> _Assignment_: In the material below, list every line carrying the string "that".

** Opening Supplied data block **

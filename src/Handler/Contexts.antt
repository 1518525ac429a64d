-- ===== src/Handler/Contexts.antt =====
-- The context that `handle_request` leaves for `handle_response`.
use good_mitm.Prelude.{
  ◌≡◌, refl, sym, ◌∙◌, ap, append-nil, not, ◌||◌, some, List, [], ◌∷◌, ◌++◌, append_assoc, is_empty,
  All, All-append,
}
use mathlib.Core.Path.{subst}
use good_mitm.Env.{Env}
use good_mitm.Io.{Io, Request, Response, pure, done}
use good_mitm.Io.Ensures.{Ensures, Ensures-bind, Ensures-at, Ensures-of}
use good_mitm.HttpHandler.{RequestOrResponse, request, response}
use good_mitm.Rule.{Rule, do_req}
use good_mitm.Handler.{
  Ctx, push_rule, match_rules, run_rules, handle_request, without_accept_encoding,
}
use good_mitm.Handler.Matched.{match_rules-All}

module _ (E : Env) where
  -- The result is a request that goes on to the server.
  abbrev pub IsRequest : RequestOrResponse E → Type 0
  IsRequest (request r) = Unit
  IsRequest (response res) = ⊥

  -- What the rules make of a request, one after the other: each turns it into the request for the
  -- next, and only the last of them may answer it.
  pub data Turns : List Rule → Request E → RequestOrResponse E → Type 0 where
    goes_out : (req : Request E) → Turns [] req (request req)
    turns :
        (rule with_url : Rule) (more : List Rule) (req req' : Request E) (out : RequestOrResponse E)
        → (do_req E rule req).1 ≡ done (with_url, request req')
        → Turns more req' out
        → Turns (rule ∷ more) req out
    answers :
        (rule with_url : Rule) (req : Request E) (res : Response E)
        → (do_req E rule req).1 ≡ done (with_url, response res)
        → Turns (rule ∷ []) req (response res)

  -- The rules that ran are a first part of those that apply, all of them if the request goes on. They
  -- made the result of the request, and they are what the context records behind its old rules.
  pub record Ran (matched : List Rule) (ctx : Ctx E) (req : Request E)
      (result : Ctx E × RequestOrResponse E) : Type 0 where
    pub ran : List Rule
    pub rest : List Rule
    pub first_part : ran ++ rest ≡ matched
    pub whole : IsRequest result.1 → rest ≡ []
    pub made : Turns ran req result.1
    pub recorded : result.0.custom_data.rules ≡ ctx.custom_data.rules ++ ran
    pub same_uri : result.0.uri ≡ ctx.uri
    pub same_flag : result.0.should_modify_response ≡ ctx.should_modify_response

  run_rules-Ran :
      (matched : List Rule) (ctx : Ctx E) (req : Request E)
      → Ensures (Ran matched ctx req) (run_rules E matched ctx req)
  unfolding run_rules
  run_rules-Ran [] ctx req = record {
    ran = [];
    rest = [];
    first_part = refl;
    whole = λ _. refl;
    made = goes_out req;
    recorded = sym (append-nil ctx.custom_data.rules);
    same_uri = refl;
    same_flag = refl;
  }
  run_rules-Ran (rule ∷ more) ctx req =
      Ensures-bind (Ran (rule ∷ more) ctx req) (do_req E rule req) _
        (λ (with_url, out) is. after with_url out is (run_rules-Ran more (push_rule E rule ctx)))
    where
      after :
          (with_url : Rule) (out : RequestOrResponse E)
          → (do_req E rule req).1 ≡ done (with_url, out)
          → ((r : Request E)
              → Ensures
                  (Ran more (push_rule E rule ctx) r)
                  (run_rules E more (push_rule E rule ctx) r))
          → Ensures
              (Ran (rule ∷ more) ctx req)
              (elim out as (λ _. Io E (Ctx E × RequestOrResponse E)) [
                | request r ↦ run_rules E more (push_rule E rule ctx) r
                | response res ↦ pure (push_rule E rule ctx, response res)
              ])
      after with_url (request r) is ih =
          Ensures-of (Ran (rule ∷ more) ctx req) (run_rules E more (push_rule E rule ctx) r)
            (λ x made.
              let later =
                Ensures-at (Ran more (push_rule E rule ctx) r)
                  (run_rules E more (push_rule E rule ctx) r) made (ih r) in
              record {
                ran = rule ∷ later.ran;
                rest = later.rest;
                first_part = ap (λ l. rule ∷ l) later.first_part;
                whole = later.whole;
                made = turns rule with_url later.ran req r x.1 is later.made;
                recorded =
                    later.recorded ∙ append_assoc ctx.custom_data.rules (rule ∷ []) later.ran;
                same_uri = later.same_uri;
                same_flag = later.same_flag;
              })
      after with_url (response res) is ih = record {
        ran = rule ∷ [];
        rest = more;
        first_part = refl;
        whole = λ h. absurd h;
        made = answers rule with_url req res is;
        recorded = refl;
        same_uri = refl;
        same_flag = refl;
      }

  -- The context as the loop over the rules starts with it.
  abbrev pub noted : List Rule → Ctx E → Request E → Ctx E
  noted matched ctx req = record ctx {
    uri = some req.uri;
    should_modify_response = not (is_empty matched) || ctx.should_modify_response;
  }

  -- If `handle_request` does not panic, a first part of the rules that apply has made of the request,
  -- one after the other and without its `Accept-Encoding`, what is returned: all of them if it is
  -- still a request, and up to the one that answered it if it is a response. The context that is left
  -- records just these behind the old rules, in their order; it has the URI of the request as it
  -- came, and asks for the response exactly if some rule applies or it did before.
  pub handle_request-Ran :
      (rules : List Rule) (ctx : Ctx E) (req : Request E)
      → Ensures
          (λ result.
            (matched : List Rule) × ((match_rules E rules (without_accept_encoding E req)).1
              ≡ done matched)
            × Ran matched (noted matched ctx req) (without_accept_encoding E req) result)
          (handle_request E rules ctx req)
  unfolding handle_request
  handle_request-Ran rules ctx req =
      let req' = without_accept_encoding E req in
      Ensures-bind _ (match_rules E rules req') _ (λ matched made.
        Ensures-of _ (run_rules E matched (noted matched ctx req) req') (λ x ran. (
          matched,
          made,
          Ensures-at (Ran matched (noted matched ctx req) req')
              (run_rules E matched (noted matched ctx req) req') ran
              (run_rules-Ran matched (noted matched ctx req) req'),
        )))

  -- Every rule of the context.
  abbrev pub InContext : (Rule → Type 0) → Ctx E × RequestOrResponse E → Type 0
  InContext P result = All P result.0.custom_data.rules

  All-first : (P : Rule → Type 0) (xs ys : List Rule) → All P (xs ++ ys) → All P xs
  All-first P [] ys h = tt
  All-first P (x ∷ xs) ys (p, h) = (p, All-first P xs ys h)

  -- If handling a request does not panic, what holds of every rule of the handler and of the
  -- context holds of every rule of the context afterwards. So a rule of the context has no URL
  -- if none had one before, although `do_req` has set the URL of the rule that it ran on.
  pub handle_request-InContext :
      (P : Rule → Type 0) (rules : List Rule) (ctx : Ctx E) (req : Request E)
      → All P rules
      → All P ctx.custom_data.rules
      → Ensures (InContext P) (handle_request E rules ctx req)
  handle_request-InContext P rules ctx req h hc =
      Ensures-of (InContext P) (handle_request E rules ctx req) (λ x made.
        let (matched, is, ran) =
          Ensures-at _ (handle_request E rules ctx req) made (handle_request-Ran rules ctx req) in
        let all_matched =
          Ensures-at (All P) (match_rules E rules (without_accept_encoding E req)) is
            (match_rules-All E P (without_accept_encoding E req) rules h) in
        let all_ran =
          All-first P ran.ran ran.rest (subst (All P) (sym ran.first_part) all_matched) in
        subst (All P) (sym ran.recorded) (All-append P ctx.custom_data.rules ran.ran hc all_ran))
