-- ===== src/Handler/Bounds.antt =====
-- How many rules a request can make the handler run and record.
use good_mitm.Prelude.{
  ℕ, ◌≡◌, ap, ◌+◌, ◌≤◌, Bool, true, false, List, [], ◌∷◌, ◌++◌, length, length-append,
  if◌then◌else◌, arith,
}
use good_mitm.Env.{Env}
use good_mitm.Io.{Request}
use good_mitm.Io.Ensures.{Ensures, Ensures-bind, Ensures-at, Ensures-of}
use good_mitm.Filter.{Filter, is_match_req}
use good_mitm.Rule.{Rule}
use good_mitm.Handler.{Ctx, match_filters, match_rules, handle_request, without_accept_encoding}
use good_mitm.Handler.Contexts.{handle_request-Ran}

-- The number of all filters of the rules.
abbrev pub filter_count : List Rule → ℕ
filter_count [] = 0
filter_count (rule ∷ rules) = length rule.filters + filter_count rules

module _ (E : Env) (req : Request E) where
  abbrev IsAtMost : ℕ → List Rule → Type 0
  IsAtMost n matched = length matched ≤ n

  match_filters-IsAtMost :
      (rule : Rule) (filters : List Filter)
      → Ensures (IsAtMost (length filters)) (match_filters E rule filters req)
  unfolding match_filters
  match_filters-IsAtMost rule [] = omega arith
  match_filters-IsAtMost rule (f ∷ more) = Ensures-bind _ (is_match_req E f req) _ (λ hit _.
      Ensures-bind _ (match_filters E rule more req) _ (λ rest made.
        pushed hit rest
          (Ensures-at _ (match_filters E rule more req) made (match_filters-IsAtMost rule more))))
    where
      pushed :
          (hit : Bool) (rest : List Rule)
          → IsAtMost (length more) rest
          → length (if hit then rule ∷ rest else rest) ≤ length (f ∷ more)
      pushed true rest h = omega (arith, h)
      pushed false rest h = omega (arith, h)

  pub match_rules-IsAtMost :
      (rules : List Rule) → Ensures (IsAtMost (filter_count rules)) (match_rules E rules req)
  unfolding match_rules
  match_rules-IsAtMost [] = omega arith
  match_rules-IsAtMost (rule ∷ rules) =
      Ensures-bind _ (match_filters E rule rule.filters req) _ (λ here made.
        Ensures-bind _ (match_rules E rules req) _ (λ rest made'.
          let first =
            Ensures-at _ (match_filters E rule rule.filters req) made
              (match_filters-IsAtMost rule rule.filters) in
          let others = Ensures-at _ (match_rules E rules req) made' (match_rules-IsAtMost rules) in
          omega (arith, first, others, length-append here rest)))

module _ (E : Env) where
  -- If handling a request does not panic, it adds to the rules in the context at most as many as
  -- the handler's rules have filters, all together.
  pub handle_request_bounded :
      (rules : List Rule) (ctx : Ctx E) (req : Request E)
      → Ensures
          (λ result.
            length result.0.custom_data.rules ≤ length ctx.custom_data.rules + filter_count rules)
          (handle_request E rules ctx req)
  handle_request_bounded rules ctx req =
      Ensures-of _ (handle_request E rules ctx req) (λ result made.
        let (matched, is, ran) =
          Ensures-at _ (handle_request E rules ctx req) made (handle_request-Ran E rules ctx req) in
        let few =
          Ensures-at _ (match_rules E rules (without_accept_encoding E req)) is
            (match_rules-IsAtMost E (without_accept_encoding E req) rules) in
        let parts : length (ran.ran ++ ran.rest) ≡ length matched = ap length ran.first_part in
        let all : length result.0.custom_data.rules ≡ length (ctx.custom_data.rules ++ ran.ran) =
          ap length ran.recorded in
        omega (
          arith,
          few,
          parts,
          all,
          length-append ran.ran ran.rest,
          length-append ctx.custom_data.rules ran.ran,
        ))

** Closing Supplied data block **

> _Solved exercise_:
-- The context that `handle_request` leaves for `handle_response`.
  -- The result is a request that goes on to the server.
  -- The rules that ran are a first part of those that apply, all of them if the request goes on. They
  -- If `handle_request` does not panic, a first part of the rules that apply has made of the request,
  -- still a request, and up to the one that answered it if it is a response. The context that is left
  -- if none had one before, although `do_req` has set the URL of the rule that it ran on.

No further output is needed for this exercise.